Cheap Character Noise for OCR-Robust Multilingual Embeddings - Datasets, Resources and Adapted Models
This repository accompanies our ACL2025 Findings paper, providing models, noisy datasets, and tools for robust multilingual embeddings under OCR noise. You’ll find fine-tuned models, evaluation and training data, and utilities for simulating character-level OCR noise.
- Overview
- Repository Structure
- Models
- Datasets
- Reproducing the Experiments
- Citation
- Further Support & Contributing
- About Impresso
- License
The repository is organized as follows:
├── noisy_evaluation_datasets
│ └── The noised evaluation datasets (CLSD - WMT19/21) produced.
├── noisy_finetuning_data
│ └── The 10K (per language) noised training samples (TED - X-News) used for fine-tuning the models. Includes both random and realistic OCR Noise variants.
├── ocr_simulator
│ └── The ocr_simulator library used to induce realistic ocr noise to texts.

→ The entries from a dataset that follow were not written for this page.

-- ===== src/Job.antt =====
-- powerhose/job.py. `data` is a reserved word here, so the field is `job_data`.
pub mod RoundTrip
pub mod Escaping
use powerhoc.Common.{
  ℕ, Bool, List, [], ◌∷◌, ◌++◌, Option, none, some, Bytes, codes, beq, if◌then◌else◌,
}
use powerhoc.Dict.{Dict, bytes_eq, set}
use powerhoc.Exc.{Result, ok, err, value_error, ◌>>=◌}
use powerhoc.Text.{split, join, replace, strip, partition}

pub record Job : Type 0 where
  pub job_data : Bytes
  pub headers : Dict Bytes Bytes

-- `s.replace(':', '\:')`; in a Python 2 string `'\:'` is two characters.
abbrev pub escape : Bytes → Bytes
escape = replace b':' (codes "\\:")

-- `add_header`
unfoldable pub add_header : Bytes → Bytes → Job → Job
unfolding set
add_header name value job = record job { headers = set (escape name) (escape value) job.headers }

-- the loop of `__init__` over the given headers
unfoldable pub add_headers : List (Bytes × Bytes) → Job → Job
unfolding add_header
add_headers [] job = job
add_headers ((name, value) ∷ items) job = add_headers items (add_header name value job)

-- `__init__`; `none` is the default `headers=None`
unfoldable pub new : Bytes → Option (Dict Bytes Bytes) → Job
unfolding add_headers
new text none = record { job_data = text; headers = [] }
new text (some items) = add_headers items (record { job_data = text; headers = [] })

-- `'%s:%s' % (name, value)`
abbrev pub header_line : Bytes × Bytes → Bytes
header_line (name, value) = name ++ (b':' ∷ value)

abbrev pub header_lines : Dict Bytes Bytes → List Bytes
header_lines [] = []
header_lines (item ∷ items) = header_line item ∷ header_lines items

-- the list that `serialize` joins
unfoldable pub wire_headers : Dict Bytes Bytes → List Bytes
wire_headers [] = codes "NONE" ∷ []
wire_headers (item ∷ items) = header_lines (item ∷ items)

-- `serialize`
unfoldable pub serialize : Job → Bytes
unfolding wire_headers join
serialize job = join (codes "::") (wire_headers job.headers) ++ (codes ":::" ++ job.job_data)

-- `header_data` must have two parts
unfoldable pub header_pair : List Bytes → Result (Bytes × Bytes)
header_pair (name ∷ value ∷ []) = ok (name, value)
header_pair _ = err value_error

-- the loop of `load_from_string`
unfoldable pub load_headers : List Bytes → Dict Bytes Bytes → Result (Dict Bytes Bytes)
unfolding header_pair set split strip
load_headers [] res = ok res
load_headers (header ∷ rest) res = if beq header (codes "NONE") then ok res else do
  (name, value) ← header_pair (split (codes ":") (strip header))
  load_headers rest (set name value res)

-- `load_from_string`
unfoldable pub load_from_string : Bytes → Result Job
unfolding load_headers partition split new
load_from_string wire = elim (partition (codes ":::") wire) [
  | none ↦ err value_error
  | some (before, text) ↦ do
    res ← load_headers (split (codes "::") before) []
    ok (new text (some res))
]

├── generate_random_character_noise_latin_alphabet
│ └── The script to generate stochastically the character level noise used to fine-tune our models.
A version of our OCR Robust models (fine-tuned on TED-X with random noise) is available on Hugging Face:
impresso-project/OCR-robust-gte-multilingual-base
Noisy variants of the CLSD WMT datasets are available in noisy_evaluation_datasets.

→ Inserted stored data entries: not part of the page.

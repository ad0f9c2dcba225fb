-- ===== src/Job/RoundTrip.antt =====
-- A serialized job is loaded back, when its headers hold nothing that the wire format uses.
use powerhoc.Common.{
  ℕ, [], ◌∷◌, ◌++◌, append_assoc, append-nil, some, Bytes, codes, All, Lacks, beq, ◌≡◌, ◌≢◌, refl,
  ◌∙◌, arith, false,
}
use powerhoc.Dict.{Dict, Distinct, bytes_eq, set, set_all, set_all-append}
use powerhoc.Exc.{ok, ◌>>=◌}
use powerhoc.Text.{strip_prefix, split, join, strip, lstrip, rstrip}
use powerhoc.Text.Laws.{
  NoneInside, NoneInside-append, Lacks-NoneInside, partition-append, split-join,
}
use powerhoc.Text.Strip.{strip-append, replace_absent}
use powerhoc.Job.{
  Job, add_headers, new, header_line, header_lines, serialize, load_headers, load_from_string,
}

-- Neither part is empty or holds a colon; no blank stands before the name or behind the value.
pub record IsSafeHeader (item : Bytes × Bytes) : Type 0 where
  pub name_lacks : Lacks b':' item.0
  pub value_lacks : Lacks b':' item.1
  pub name_ne_nil : item.0 ≢ []
  pub value_ne_nil : item.1 ≢ []
  pub name_trimmed : lstrip item.0 ≡ item.0
  pub value_trimmed : rstrip item.1 ≡ item.1

pub record IsWireSafe (job : Job) : Type 0 where
  pub safe : All IsSafeHeader job.headers
  pub distinct : Distinct job.headers

-- The text begins with a byte that is no colon.
abbrev pub HeadLacks : Bytes → Type 0
HeadLacks [] = ⊥
HeadLacks (c ∷ p) = c ≢ b':'

pub head_lacks : (n p : Bytes) → n ≢ [] → Lacks b':' n → HeadLacks (n ++ p)
head_lacks [] p h _ = absurd (h refl)
head_lacks (c ∷ n) p h (l, _) = l

module _ (bs : Bytes) where
  pub one_colon :
      (p : Bytes)
      → HeadLacks p
      → NoneInside (b':' ∷ b':' ∷ bs) p
      → NoneInside (b':' ∷ b':' ∷ bs) (b':' ∷ p)
  unfolding strip_prefix
  one_colon [] h k = absurd h
  one_colon (c ∷ p) h k = (λ r. ground arith, k)

  -- A header's line, with what follows it.
  line-NoneInside :
      (n v p : Bytes)
      → IsSafeHeader (n, v)
      → NoneInside (b':' ∷ b':' ∷ bs) p
      → NoneInside (b':' ∷ b':' ∷ bs) (n ++ (b':' ∷ (v ++ p)))
  line-NoneInside n v p s k = NoneInside-append b':' (b':' ∷ bs) n (b':' ∷ (v ++ p)) s.name_lacks (
      one_colon (v ++ p) (head_lacks v p s.value_ne_nil s.value_lacks)
        (NoneInside-append b':' (b':' ∷ bs) v p s.value_lacks k))

two_colons :
    (p : Bytes)
    → HeadLacks p
    → NoneInside (codes ":::") p
    → NoneInside (codes ":::") (codes "::" ++ p)
unfolding strip_prefix
two_colons [] h k = absurd h
two_colons (c ∷ p) h k = (λ r. ground arith, (λ r. ground arith, k))

line_alone :
    (bs n v : Bytes) → IsSafeHeader (n, v) → NoneInside (b':' ∷ b':' ∷ bs) (header_line (n, v))
line_alone bs n v s = rw append-nil at (
    let whole : NoneInside (b':' ∷ b':' ∷ bs) (n ++ (b':' ∷ (v ++ []))) =
      line-NoneInside bs n v [] s tt in
    whole)

lines-NoneInside :
    (items : Dict Bytes Bytes)
    → All IsSafeHeader items
    → All (NoneInside (codes "::")) (header_lines items)
lines-NoneInside [] h = tt
lines-NoneInside ((n, v) ∷ items) (s, h) = (line_alone [] n v s, lines-NoneInside items h)

joined_head :
    (n v : Bytes) (items : Dict Bytes Bytes)
    → IsSafeHeader (n, v)
    → HeadLacks (join (codes "::") (header_lines ((n, v) ∷ items)))
unfolding join
joined_head n v [] s = head_lacks n (b':' ∷ v) s.name_ne_nil s.name_lacks
joined_head n v (item ∷ items) s =
    rw (append_assoc n (b':' ∷ v)) (head_lacks n _ s.name_ne_nil s.name_lacks)

-- The joined header lines hold no `:::`, also where the `:::` of the wire follows.
joined-NoneInside :
    (item : Bytes × Bytes) (items : Dict Bytes Bytes)
    → All IsSafeHeader (item ∷ items)
    → NoneInside (codes ":::") (join (codes "::") (header_lines (item ∷ items)))
unfolding join
joined-NoneInside (n, v) [] (s, _) = line_alone (codes ":") n v s
joined-NoneInside (n, v) ((m, w) ∷ items) (s, h) = rw (append_assoc n (b':' ∷ v)) (
    line-NoneInside (codes ":") n v _ s
      (two_colons _ (joined_head m w items h.0) (joined-NoneInside (m, w) items h)))

header_split :
    (n v : Bytes)
    → IsSafeHeader (n, v)
    → split (codes ":") (strip (header_line (n, v))) ≡ n ∷ v ∷ []
unfolding join
header_split n v s =
    rw (strip-append n (codes ":") v s.name_ne_nil s.value_ne_nil s.name_trimmed s.value_trimmed) (
      split-join b':' [] n (v ∷ [])
        (Lacks-NoneInside b':' [] n s.name_lacks, (Lacks-NoneInside b':' [] v s.value_lacks, tt)))

pub beq-Lacks : (c : ℕ) (n v t : Bytes) → Lacks c t → beq (n ++ (c ∷ v)) t ≡ false
beq-Lacks c [] v [] h = refl
beq-Lacks c (d ∷ n) v [] h = refl
beq-Lacks c [] v (e ∷ t) (h, _) = ground arith
beq-Lacks c (d ∷ n) v (e ∷ t) (_, h) = ground (arith, beq-Lacks c n v t h)

-- A line with a colon is not the word for no headers.
pub line-ne-none : (n v : Bytes) → beq (header_line (n, v)) (codes "NONE") ≡ false
line-ne-none n v = beq-Lacks b':' n v (codes "NONE") (omega arith)

load_headers-lines :
    (items res : Dict Bytes Bytes)
    → All IsSafeHeader items
    → load_headers (header_lines items) res ≡ ok (set_all items res)
unfolding load_headers set_all
load_headers-lines [] res h = refl
load_headers-lines ((n, v) ∷ items) res (s, h) =
    rw (line-ne-none n v, header_split n v s) (load_headers-lines items (set n v res) h)

add_headers-safe :
    (items : Dict Bytes Bytes) (job : Job)
    → All IsSafeHeader items
    → add_headers items job ≡ record job { headers = set_all items job.headers }
unfolding add_headers set_all
add_headers-safe [] job h = refl
add_headers-safe ((n, v) ∷ items) job (s, h) =
    rw
      (
        replace_absent b':' (codes "\\:") n s.name_lacks,
        replace_absent b':' (codes "\\:") v s.value_lacks,
      )
      (add_headers-safe items _ h)

pub load_wire :
    (text : Bytes) (before : Bytes)
    → NoneInside (codes ":::") before
    → load_from_string (before ++ (codes ":::" ++ text))
      ≡ (load_headers (split (codes "::") before) [] >>= λ res. ok (new text (some res)))
unfolding load_from_string
load_wire text before h = rw (partition-append b':' (codes "::") before text h, load_from_string)

rebuilt :
    (text : Bytes) (items : Dict Bytes Bytes)
    → All IsSafeHeader items
    → Distinct items
    → ok (new text (some (set_all items []))) ≡ ok (record { job_data = text; headers = items })
unfolding new
rebuilt text items h d =
    rw (set_all-append items [] d, add_headers-safe items _ h, set_all-append items [] d)

load-serialize_items :
    (text : Bytes) (items : Dict Bytes Bytes)
    → All IsSafeHeader items
    → Distinct items
    → load_from_string (serialize (record { job_data = text; headers = items }))
      ≡ ok (record { job_data = text; headers = items })
unfolding serialize
load-serialize_items text [] h d =
    load_wire text (codes "NONE") (Lacks-NoneInside b':' (codes "::") (codes "NONE") (omega arith))
    ∙ (unfold split load_headers new in refl)
load-serialize_items text (item ∷ items) h d =
    load_wire text _ (joined-NoneInside item items h)
    ∙ rw
        (
          split-join b':' (codes ":") (header_line item) (header_lines items)
              (lines-NoneInside (item ∷ items) h),
          load_headers-lines (item ∷ items) [] h,
        )
        (rebuilt text (item ∷ items) h d)

-- Loading what a job serializes to gives the job, whatever its data, if its headers are safe.
pub load-serialize : (job : Job) → IsWireSafe job → load_from_string (serialize job) ≡ ok job
load-serialize job s = load-serialize_items job.job_data job.headers s.safe s.distinct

Noisy versions (random and realistic) of TED and X-News parallel texts are available in noisy_finetuning_data.
Additional datasets used for evaluation and finetuning are also provided (link):
Instructions for reproducing the experiments will be available soon!

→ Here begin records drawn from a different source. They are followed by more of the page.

-- ===== src/Broker/Routing.antt =====
-- Where the broker sends what it gets.
use mathlib.Core.List.{cons-ne-nil}
use powerhoc.Common.{
  ℕ, false, List, [], ◌∷◌, ◌++◌, append_assoc, append-nil, Option, none, some, Bytes, codes, beq,
  beq_iff, ◌≡◌, refl, ◌∙◌, sym, arith, if◌then◌else◌, inl, inr, Bool-cases, Option-cases,
}
use powerhoc.Exc.{Exn, Result, ok, err, index_error}
use powerhoc.Job.RoundTrip.{beq-Lacks}
use powerhoc.Job.{Job, wire_headers, serialize}
use powerhoc.Text.{join}
use powerhoc.Text.Decimal.{format}
use powerhoc.Broker.{
  Broker, Msg, Streams, unsnoc, to_front, to_back, log_error, front_parts, handle_recv_front,
  handle_recv_back, Event, from_front, from_back, handle, route,
}

-- Both streams take every message.
pub record TakesAll (streams : Streams) : Type 0 where
  pub front_takes : (msg : Msg) → streams.front msg ≡ ok tt
  pub back_takes : (msg : Msg) → streams.back msg ≡ ok tt

pub unsnoc-append :
    (envelope : Msg) (last : Bytes) → unsnoc (envelope ++ last ∷ []) ≡ some (envelope, last)
unfolding unsnoc
unsnoc-append [] last = refl
unsnoc-append (part ∷ []) last = refl
unsnoc-append (part ∷ next ∷ rest) last = rw (unsnoc-append (next ∷ rest) last)

-- The messages that one event makes the broker send to each side.
abbrev pub ping_answer : ℕ → Option (Msg × Bytes) → List Msg
ping_answer pid none = []
ping_answer pid (some (envelope, last)) =
    if beq last (codes "PING") then (envelope ++ format pid ∷ []) ∷ [] else []

abbrev pub forwarded : Msg → Option (Msg × Bytes) → List Msg
forwarded msg none = []
forwarded msg (some (envelope, last)) = if beq last (codes "PING") then [] else msg ∷ []

abbrev pub front_out : ℕ → Event → List Msg
front_out pid (from_back msg) = msg ∷ []
front_out pid (from_front msg) = ping_answer pid (unsnoc msg)

abbrev pub back_out : Event → List Msg
back_out (from_back msg) = []
back_out (from_front msg) = forwarded msg (unsnoc msg)

abbrev pub all_front : ℕ → List Event → List Msg
all_front pid [] = []
all_front pid (e ∷ events) = front_out pid e ++ all_front pid events

abbrev pub all_back : List Event → List Msg
all_back [] = []
all_back (e ∷ events) = back_out e ++ all_back events

module _ (streams : Streams) (takes : TakesAll streams) where
  front_parts_sends :
      (o : Option (Msg × Bytes)) (msg : Msg) (b : Broker)
      → ((front_parts streams o msg b).1.front_sent ≡ b.front_sent ++ ping_answer b.pid o)
        × ((front_parts streams o msg b).1.back_sent ≡ b.back_sent ++ forwarded msg o)
        × ((front_parts streams o msg b).1.pid ≡ b.pid)
  unfolding front_parts
  front_parts_sends none msg b = (sym (append-nil b.front_sent), sym (append-nil b.back_sent), refl)
  front_parts_sends (some (envelope, last)) msg b = ground (
    arith,
    takes.front_takes (envelope ++ format b.pid ∷ []),
    takes.back_takes msg,
    append-nil b.front_sent,
    append-nil b.back_sent,
  )

  handle_sends :
      (e : Event) (b : Broker)
      → ((handle streams e b).1.front_sent ≡ b.front_sent ++ front_out b.pid e)
        × ((handle streams e b).1.back_sent ≡ b.back_sent ++ back_out e)
        × ((handle streams e b).1.pid ≡ b.pid)
  unfolding handle
  handle_sends (from_back msg) b = ground (arith, takes.front_takes msg, append-nil b.back_sent)
  handle_sends (from_front msg) b = unfold handle_recv_front in front_parts_sends (unsnoc msg) msg b

  -- If both streams take every message: over any events, the front gets, in order, the workers'
  -- messages as they are and an answer with the broker's process id, under the sender's envelope,
  -- to each ping; the back gets the other messages of the front, as they are and in order. Nothing
  -- else is sent.
  pub route_sends :
      (events : List Event) (b : Broker)
      → ((route streams events b).front_sent ≡ b.front_sent ++ all_front b.pid events)
        × ((route streams events b).back_sent ≡ b.back_sent ++ all_back events)
  unfolding route
  route_sends [] b = (sym (append-nil b.front_sent), sym (append-nil b.back_sent))
  route_sends (e ∷ events) b =
      let (f, k, p) = handle_sends e b in
      let (fs, ks) = route_sends events (handle streams e b).1 in
      (
        fs ∙ rw (f, p) (append_assoc b.front_sent (front_out b.pid e) (all_front b.pid events)),
        ks ∙ rw k (append_assoc b.back_sent (back_out e) (all_back events)),
      )

  pub route-pid : (events : List Event) (b : Broker) → (route streams events b).pid ≡ b.pid
  unfolding route
  route-pid [] b = refl
  route-pid (e ∷ events) b =
      let (f, k, p) = handle_sends e b in route-pid events (handle streams e b).1 ∙ p

pub all-append :
    (pid : ℕ) (events more : List Event)
    → (all_front pid (events ++ more) ≡ all_front pid events ++ all_front pid more)
      × (all_back (events ++ more) ≡ all_back events ++ all_back more)
all-append pid [] more = (refl, refl)
all-append pid (e ∷ events) more =
    let (f, k) = all-append pid events more in
    (
      rw f (sym (append_assoc (front_out pid e) (all_front pid events) (all_front pid more))),
      rw k (sym (append_assoc (back_out e) (all_back events) (all_back more))),
    )

-- The wire of a job holds a colon, and so it is not the word `PING`.
pub serialize-ne-ping : (job : Job) → beq (serialize job) (codes "PING") ≡ false
unfolding serialize
serialize-ne-ping job =
    beq-Lacks b':' (join (codes "::") (wire_headers job.headers)) (codes "::" ++ job.job_data)
      (codes "PING") (omega arith)

-- If both streams take every message, every job that a client sends is forwarded, whatever it holds:
-- none is taken for a ping.
pub job-forwarded :
    (streams : Streams) (takes : TakesAll streams) (envelope : Msg) (job : Job) (b : Broker)
    → (let msg = envelope ++ serialize job ∷ [] in
        handle_recv_front streams msg b ≡ (ok tt, record b { back_sent = b.back_sent ++ msg ∷ [] }))
unfolding handle_recv_front to_back log_error
job-forwarded streams takes envelope job b =
    rw (unsnoc-append envelope (serialize job), front_parts)
      (rw (serialize-ne-ping job)
        (ground (arith, takes.back_takes (envelope ++ serialize job ∷ []))))

-- The exceptions that come out of `_handle_recv_front`.
pub data FrontError (streams : Streams) (msg : Msg) (b : Broker) (x : Exn) : Type 0 where
  empty_message : msg ≡ [] → x ≡ index_error → FrontError streams msg b x
  ping_unanswered :
      (envelope : Msg)
      → msg ≡ envelope ++ codes "PING" ∷ []
      → streams.front (envelope ++ format b.pid ∷ []) ≡ err x
      → FrontError streams msg b x

unsnoc-none : (msg : Msg) → unsnoc msg ≡ none → msg ≡ []
unfolding unsnoc
unsnoc-none [] h = refl
unsnoc-none (part ∷ []) h = cc
unsnoc-none (part ∷ next ∷ rest) h = ground (arith, unsnoc-none (next ∷ rest))

unsnoc-some :
    (msg : Msg) (envelope : Msg) (last : Bytes)
    → unsnoc msg ≡ some (envelope, last)
    → msg ≡ envelope ++ last ∷ []
unfolding unsnoc
unsnoc-some [] env last h = cc
unsnoc-some (part ∷ []) env last h = ground arith
unsnoc-some (part ∷ next ∷ rest) env last h = elim (Option-cases (unsnoc (next ∷ rest))) [
  | inl e ↦ absurd (cons-ne-nil next rest (unsnoc-none (next ∷ rest) e))
  | inr ((front, end), e) ↦ ground (arith, e, unsnoc-some (next ∷ rest) front end e)
]

log_error_ok :
    (streams : Streams) (r : Result (Unit {0}) × Broker) → (log_error streams r).0 ≡ ok tt
unfolding log_error
log_error_ok streams (ok u, b) = refl
log_error_ok streams (err e, b) = refl

front_parts_error :
    (streams : Streams) (o : Option (Msg × Bytes)) (msg : Msg) (b : Broker) (x : Exn)
    → unsnoc msg ≡ o
    → (front_parts streams o msg b).0 ≡ err x
    → FrontError streams msg b x
unfolding front_parts
front_parts_error streams none msg b x e h = empty_message (unsnoc-none msg e) (ground arith)
front_parts_error streams (some (envelope, last)) msg b x e h =
    elim (Bool-cases (beq last (codes "PING"))) [
      | inl p ↦
          ping_unanswered envelope
            (unsnoc-some msg envelope last e ∙ rw ((beq_iff last (codes "PING")).0 p) refl)
            (ground arith)
      | inr p ↦ cc (rw p at h, log_error_ok streams (to_back streams msg b))
    ]

-- No exception comes out of `_handle_recv_back`. One comes out of `_handle_recv_front` only for an
-- empty message, or as what the front raised for the answer to a ping, which no handler guards.
pub handlers-errors :
    (streams : Streams) (msg : Msg) (b : Broker)
    → ((handle_recv_back streams msg b).0 ≡ ok tt)
      × ((x : Exn) → (handle_recv_front streams msg b).0 ≡ err x → FrontError streams msg b x)
unfolding handle_recv_back handle_recv_front
handlers-errors streams msg b = (
  log_error_ok streams (to_front streams msg b),
  λ x h. front_parts_error streams (unsnoc msg) msg b x refl h,
)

If you use these resources, please cite our paper:
@inproceedings{michail-etal-2025-cheap,
title = "Cheap Character Noise for {OCR}-Robust Multilingual Embeddings",
author = "Michail, Andrianos and
Opitz, Juri and
Wang, Yining and
Meister, Robin and
Sennrich, Rico and
Clematide, Simon",
editor = "Che, Wanxiang and
Nabende, Joyce and
Shutova, Ekaterina and
Pilehvar, Mohammad Taher",
booktitle = "Findings of the Association for Computational Linguistics: ACL 2025",
month = jul,
year = "2025",
address = "Vienna, Austria",
publisher = "Association for Computational Linguistics",
url = "https://aclanthology.org/2025.findings-acl.609/",
pages = "11705--11716",
ISBN = "979-8-89176-256-5"
}In the future, we will work towards creating multilingual embedding models that are diversely robust. If you are interested in contributing or need access to any (not yet) released material, please reach out to andrianos.michail@cl.uzh.ch.
Impresso - Media Monitoring of the Past is an interdisciplinary research project that aims to develop and consolidate tools for processing and exploring large collections of media archives across modalities, time, languages and national borders. The first project (2017-2021) was funded by the Swiss National Science Foundation under grant No. CRSII5_173719 and the second project (2023-2027) by the SNSF under grant No. CRSII5_213585 and the Luxembourg National Research Fund under grant No. 17498891.
Copyright (C) 2025 The Impresso team.
This program is provided as open source under the GNU Affero General Public License v3 or later.